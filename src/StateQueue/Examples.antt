-- ===== src/StateQueue/Examples.antt =====
-- Frames that are a subscription and a size.
use arcrelay_protocol.Prelude.{ℕ, ◌≡◌, refl, some, List, [], ◌∷◌, nat_eq, ℕ_discrete}
use arcrelay_protocol.StateQueue.{FrameApi, recv}
use arcrelay_protocol.StateQueue.Coalescing.{Action, replaced, received, run, pending, recv-pending}
use arcrelay_protocol.Prelude.{IsDistinct}

abbrev api : FrameApi (ℕ × ℕ)
api = record { encoded_len = λ f. f.1; event = λ f. some f.0; max_control_frame_size = 100 }

abbrev calls : List (Action (ℕ × ℕ))
calls = replaced (7, 500) ∷ replaced (7, 30) ∷ received 8 ∷ replaced (7, 20) ∷ replaced (8, 10) ∷ []

latest_of_seven : pending api calls 7 ≡ some (7, 30)
unfolding pending ℕ_discrete
latest_of_seven = refl

recv-pending_example :
    IsDistinct (run api calls).frames × ((recv 7 (run api calls)).1 ≡ pending api calls 7)
recv-pending_example = recv-pending api calls 7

====

_Task objective_:
In the answer, give the lines from the first line of the data through the line with "api = record", exactly as they appear and with no additions.

_Task result_:
filename src/StateQueue/Examples.antt
-- ===== src/StateQueue/Examples.antt =====
-- Frames that are a subscription and a size.
use arcrelay_protocol.Prelude.{ℕ, ◌≡◌, refl, some, List, [], ◌∷◌, nat_eq, ℕ_discrete}
use arcrelay_protocol.StateQueue.{FrameApi, recv}
use arcrelay_protocol.StateQueue.Coalescing.{Action, replaced, received, run, pending, recv-pending}
use arcrelay_protocol.Prelude.{IsDistinct}

abbrev api : FrameApi (ℕ × ℕ)
api = record { encoded_len = λ f. f.1; event = λ f. some f.0; max_control_frame_size = 100 }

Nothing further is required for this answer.